Leur morale et la nôtre

François Bayrou, garde des sceaux, a présenté jeudi 1er juin son projet "pour redonner confiance dans la vie démocratique du pays". Bien qu'augmentées par rapport au programme d'Emmanuel Macron, les orientations retenues paraissent bien maigres par rapport aux impératifs de probité déjà attendus dans d'autres démocraties. Et insuffisant, au regard du besoin démocratique de nos sociétés.

"Juges", "Cour", "Parlementaires", les acteurs du futur contrôle de la vie publique, bien que renforcé, restent les mêmes. Ils seront juges et parties. Où sont les citoyens ? Comme le rappelle Michel Deléan et Mathilde Mathieu (à lire ici dans Mediapart), les trois axes principaux présentés font d'eux des grands absents ; seuls les énormes privilèges en vigueur dans le passé sont élagués, et encore pas tous. Pas de 4 août donc. Rien de révolutionnaire. 

Les pistes étaient pourtant nombreuses, et existent dans le débat public : instauration d'un droit révocatoire à mi-mandat (France insoumise), d'un 49-3 citoyen (PS-Benoît Hamon), d'un renforcement du référendum (proposition largement avancée, jamais mise en oeuvre, dans un arc large du spectre politique), référundum dont un tel projet aurait énormément gagné en légitimité à y être soumis. Par principe. D'autres idées circulent : renforcer la participation active par des tirages au sort, faire davantage confiance à la vitalité de la démocratie locale, gangrenée et parasitée, elle aussi, et largement, par des affaires : les clientélismes multiples dans l'attribution des marchés publics, les recrutements et nominations claniques ou familiaux, les passations de pouvoir au mépris de militants locaux qui se fatiguent dans une besogne discrète, les parachutages de tous bords, les majorités "patchwork" qui mordent sur les programmes pour lesquels les électeurs se sont déplacés. 

Pas un mot, non plus, sur l'instauration de la proportionnelle. "Plus tard", me dira-t-on, "un autre projet". Elle est promise par le président. Certes, nous attendrons la version développée de sa copie. Mais comment penser "redonner confiance dans la vie démocratique" quand on n'annonce pas, dans l'en-tête du projet, la garantie d'une véritable représentation des idées qui recueillent de larges suffrages et qui doivent être entendues dans le débat contradictoire d'une Assemblée législative parlant "au nom du peuple français" ? 

Pas un mot sur la composition jamais paritaire, jamais diverse, jamais ouvrière de la "représentation nationale". Pas un mot sur les pouvoirs immenses, sans visages et sans élus, des lobbyistes et affairistes qui gravitent autour du pouvoir et lui dictent sa pensée. Pas un mot sur le rôle ambiguë des médias, parce que structurellement parties prenantes du système de domination, à l'heure où la démocratie est mise en péril dans sa vertu parce qu'elle repose sur le respect strict de la vérité.

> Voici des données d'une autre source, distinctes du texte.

-- ===== src/Contract/Refinement.antt =====
-- A transaction loads a few records, runs the engine on them and writes back. Where the call reads
-- no more than was loaded, the engine on the whole ledger would have given the same.
pub mod Grievances
pub mod CardWorld
pub mod CardWrites
pub mod Cards
use toomoki_cdac_pds.Ledger.Locality.{Agree, IsLocal, Keys}
use toomoki_cdac_pds.SharedTypes.Events.{LedgerEvent}
use toomoki_cdac_pds.Ledger.Exec.{err, Exec, ok, Result}
use toomoki_cdac_pds.Ledger.State.{PdsLedger}
use toomoki_cdac_pds.Contract.Collections.{
  build_engine, settle, save_ids, Submitted, transact, read_each,
}
use toomoki_cdac_pds.Contract.Stub.{Refusal, Outcome, World, Stub}
use toomoki_cdac_pds.Ledger.Persist.{export_state, PdsLedgerState, map_of}
use toomoki_cdac_pds.Prelude.{
  eq_iff, inr, inl, ◌++◌, Option-cases, String, List, Option, some, none, [], ◌∷◌, ◌≡◌, refl, sym,
  ap, ◌∙◌,
}
use toomoki_cdac_pds.StringMap.{set, StringMap, get}
use toomoki_cdac_pds.StringMap.Keys.{IfFound}
use mathlib.Core.Path.{subst}

module _ {V : Type 0} where
  -- One record that was read by its key stands under its own id in the map of the engine.
  pub get-loaded :
      (id : V → String) (m : StringMap V) (key k : String)
      → IfFound (λ x. id x ≡ k) (get m key)
      → get (map_of id (read_each m (key ∷ []))) k ≡ get m key
  unfolding map_of read_each get set
  get-loaded id m key k own = elim (Option-cases (get m key)) [
    | inl absent ↦ rw (absent, read_each) refl
    | inr (x, e) ↦
        rw (e, read_each) (rw ((eq_iff (id x) k).1 (subst (IfFound (λ y. id y ≡ k)) e own)) refl)
  ]

-- How a transaction ends, against a call of the engine on the whole ledger: with the same result
-- and a world in the relation to the ledger that the call leaves, or with the engine's error.
abbrev pub Matches :
    {A : Type 0}
    → Stub
    → (A → PdsLedger → World → Type 0)
    → Result A × PdsLedger
    → Outcome (Submitted A)
    → Type 0
Matches stub R (ok a, s) (Outcome.committed (b, id) w) = (b ≡ a) × (id ≡ stub.tx_id) × R a s w
Matches stub R (err e, s) (Outcome.refused r) = r ≡ Refusal.engine_error e
Matches stub R (ok a, s) (Outcome.refused r) = ⊥
Matches stub R (err e, s) (Outcome.committed x w) = ⊥

-- The events that the call logged are the ones that the transaction adds to its collection.
abbrev pub SameEvents : Stub → PdsLedger → World → PdsLedger → World → Type 0
SameEvents stub s w s' w' =
    (news : List LedgerEvent) × (s'.events ≡ s.events ++ news)
    × (w'.events ≡ save_ids stub (λ x. x.ledger_tx_id) news w.events)

module _ {A : Type 0} (stub : Stub) (R : A → PdsLedger → World → Type 0) where
  settled :
      (r : Result A) (s : PdsLedger) (state : PdsLedgerState)
      (save : A → PdsLedgerState → World → World) (w : World)
      → ((a : A) → r ≡ ok a → R a s (save a state w))
      → Matches stub R (r, s) (settle stub r state save w)
  settled (ok a) s state save w written = (refl, refl, written a refl)
  settled (err e) s state save w written = refl

  pub transact-Matches :
      {keys : Keys} (partial : PdsLedgerState) (act : Exec A)
      (save : A → PdsLedgerState → World → World) (w : World) (s : PdsLedger)
      → IsLocal keys (s.events, []) act
      → Agree keys (s.events, []) s (build_engine stub partial)
      → ((a : A) (p : PdsLedger)
          → (act s).0 ≡ ok a
          → Agree keys (s.events, []) (act s).1 p
          → R a (act s).1 (save a (export_state p) w))
      → Matches stub R (act s) (transact stub partial act save w)
  unfolding transact
  transact-Matches partial act save w s local agree written =
      let (same, after) = local.at s (build_engine stub partial) agree in
      subst
        (λ r.
          Matches stub R (act s)
            (settle stub r (export_state (act (build_engine stub partial)).1) save w))
        same
        (settled (act s).0 (act s).1 (export_state (act (build_engine stub partial)).1) save w
          (λ a e. written a (act (build_engine stub partial)).1 e after))

pub Agree-SameEvents :
    (stub : Stub) (keys : Keys) (s s' p : PdsLedger) (w : World)
    → Agree keys (s.events, []) s' p
    → (news : List LedgerEvent) × (s'.events ≡ s.events ++ news)
      × (save_ids stub (λ x. x.ledger_tx_id) p.events w.events
          ≡ save_ids stub (λ x. x.ledger_tx_id) news w.events)
unfolding Agree
Agree-SameEvents stub keys s s' p w agree =
    let log = agree.0.3 in
    (log.news, log.left, ap (λ l. save_ids stub (λ x. x.ledger_tx_id) l w.events) log.right)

Pas un mot enfin, mais il y en aurait tant à dire, sur l'évidente communauté d'intérêts, au sens sociologique, que forment tous ceux que l'Etat recrute, dans tous les arcanes de sa haute administration, dans tous les lieux où s'exerce son pouvoir. La France est dirigée par un bourgeoise blanche, intéressée aux effets positifs de la mondialisation, donc de la déréglémentation sociale et écologique, endogame dans sa reproduction, marginalement encline à se réformer, prête à se présenter sous les atours de la modernité sociétale pour trouver une justification permanente à l'exercice de sa plus totale domination. Toutes les exceptions sont des excuses, des pis-allers. Ceux qui ne l'ont pas compris sont des naïfs. 

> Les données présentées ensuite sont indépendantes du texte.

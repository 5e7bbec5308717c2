-- ===== src/Contract/Refinement/CardWorld.antt =====
-- What a transaction on a ration card loads agrees with the whole ledger.
use toomoki_cdac_pds.Contract.Control.{load_card}
use toomoki_cdac_pds.Ledger.State.{PdsLedger}
use toomoki_cdac_pds.Contract.Stub.{Stub, World, transaction_runtime}
use toomoki_cdac_pds.Contract.Collections.{build_engine, read_ids, id_key}
use toomoki_cdac_pds.Ledger.Locality.{Same-one, Same-none, Keys, Agree, no_keys}
use toomoki_cdac_pds.SharedTypes.{Stakeholder, AuditAlert, RationCard}
use mathlib.Core.List.{append-nil}
use toomoki_cdac_pds.Prelude.{String, List, some, [], ◌∷◌, ◌≡◌, refl, sym, ◌∙◌}
use toomoki_cdac_pds.StringMap.{get}
use toomoki_cdac_pds.Ledger.Persist.{PdsLedgerState, map_of}
use toomoki_cdac_pds.StringMap.Keys.{IfFound}
use toomoki_cdac_pds.Contract.Refinement.{get-loaded, SameEvents}

-- The card that was returned stands in the ledger and in the world.
abbrev pub StoredCard : Stub → PdsLedger → World → RationCard → PdsLedger → World → Type 0
StoredCard stub s w c s' w' =
    (get s'.ration_cards c.ration_card_hash ≡ some c)
    × (get w'.ration_cards (id_key stub c.ration_card_hash) ≡ some c)
    × SameEvents stub s w s' w'

-- The ledger holds what the world holds under a hash, and the engine is at the start of the
-- transaction.
pub record MirrorsCard (stub : Stub) (w : World) (s : PdsLedger) (hash : String) : Type 0 where
  pub runtime : s.runtime ≡ transaction_runtime stub
  pub timestamps : s.timestamps_drawn ≡ 0
  pub identifiers : s.identifiers_drawn ≡ 0
  pub record_ : get s.ration_cards hash ≡ get w.ration_cards (id_key stub hash)
  pub own_id : IfFound (λ c. c.ration_card_hash ≡ hash) (get w.ration_cards (id_key stub hash))

-- The ledger holds the stakeholder that the world holds.
pub record MirrorsStakeholder (stub : Stub) (w : World) (s : PdsLedger) (id : String) : Type 0 where
  pub record_ : get s.stakeholders id ≡ get w.stakeholders (id_key stub id)
  pub own_id : IfFound (λ x. x.stakeholder_id ≡ id) (get w.stakeholders (id_key stub id))

abbrev pub card_keys : String → Keys
card_keys hash = record no_keys { ration_cards = hash ∷ [] }

abbrev pub transfer_keys : String → String → Keys
transfer_keys hash shop_id = record no_keys {
  ration_cards = hash ∷ [];
  stakeholders = shop_id ∷ [];
}

abbrev pub with_alerts : PdsLedgerState → List AuditAlert → PdsLedgerState
with_alerts partial alerts = record partial { alerts = alerts }

abbrev pub with_stakeholders : PdsLedgerState → List Stakeholder → PdsLedgerState
with_stakeholders partial stakeholders = record partial { stakeholders = stakeholders }

module _ (stub : Stub) (w : World) (s : PdsLedger) (hash : String)
    (m : MirrorsCard stub w s hash) where
  pub loaded_card :
      get s.ration_cards hash
      ≡ get (map_of (λ c. c.ration_card_hash) (read_ids stub w.ration_cards (hash ∷ []))) hash
  loaded_card =
      m.record_
      ∙ sym (get-loaded (λ c. c.ration_card_hash) w.ration_cards (id_key stub hash) hash m.own_id)

  pub loaded-Agree :
      (alerts : List AuditAlert)
      → Agree
          (card_keys hash)
          (s.events, [])
          s
          (build_engine stub (with_alerts (load_card stub hash w) alerts))
  unfolding Agree build_engine
  loaded-Agree alerts = (
    (
      m.runtime,
      m.timestamps,
      m.identifiers,
      record { news = []; left = sym (append-nil s.events); right = refl },
    ),
    (Same-none _ _, Same-none _ _, Same-none _ _, Same-none _ _),
    (Same-none _ _, Same-none _ _, Same-none _ _),
    (Same-none _ _, Same-one hash _ _ loaded_card, Same-none _ _, Same-none _ _),
  )

  pub transfer-Agree :
      (shop_id : String)
      → MirrorsStakeholder stub w s shop_id
      → Agree
          (transfer_keys hash shop_id)
          (s.events, [])
          s
          (build_engine stub (
            with_stakeholders
              (load_card stub hash w)
              (read_ids stub w.stakeholders (shop_id ∷ []))))
  unfolding Agree build_engine
  transfer-Agree shop_id known = (
    (
      m.runtime,
      m.timestamps,
      m.identifiers,
      record { news = []; left = sym (append-nil s.events); right = refl },
    ),
    (Same-none _ _, Same-none _ _, Same-none _ _, Same-none _ _),
    (Same-none _ _, Same-none _ _, Same-none _ _),
    (
      Same-one shop_id _ _ (
          known.record_
          ∙ sym (
              get-loaded (λ x. x.stakeholder_id) w.stakeholders (id_key stub shop_id) shop_id
                known.own_id)),
      Same-one hash _ _ loaded_card,
      Same-none _ _,
      Same-none _ _,
    ),
  )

Leur morale et la nôtre sont irréconciliables et incompatibles. Leur morale est bourgeoise, la nôtre est populaire, bigarrée, insolente, manifestante, zadiste, féministe. Leur morale est portée par des Fillon, des Ferrand, la nôtre est anonyme parce que partagée par la foule. Notre projet de loi de moralisation est la VIe République, entreprise de salubrité publique nationale.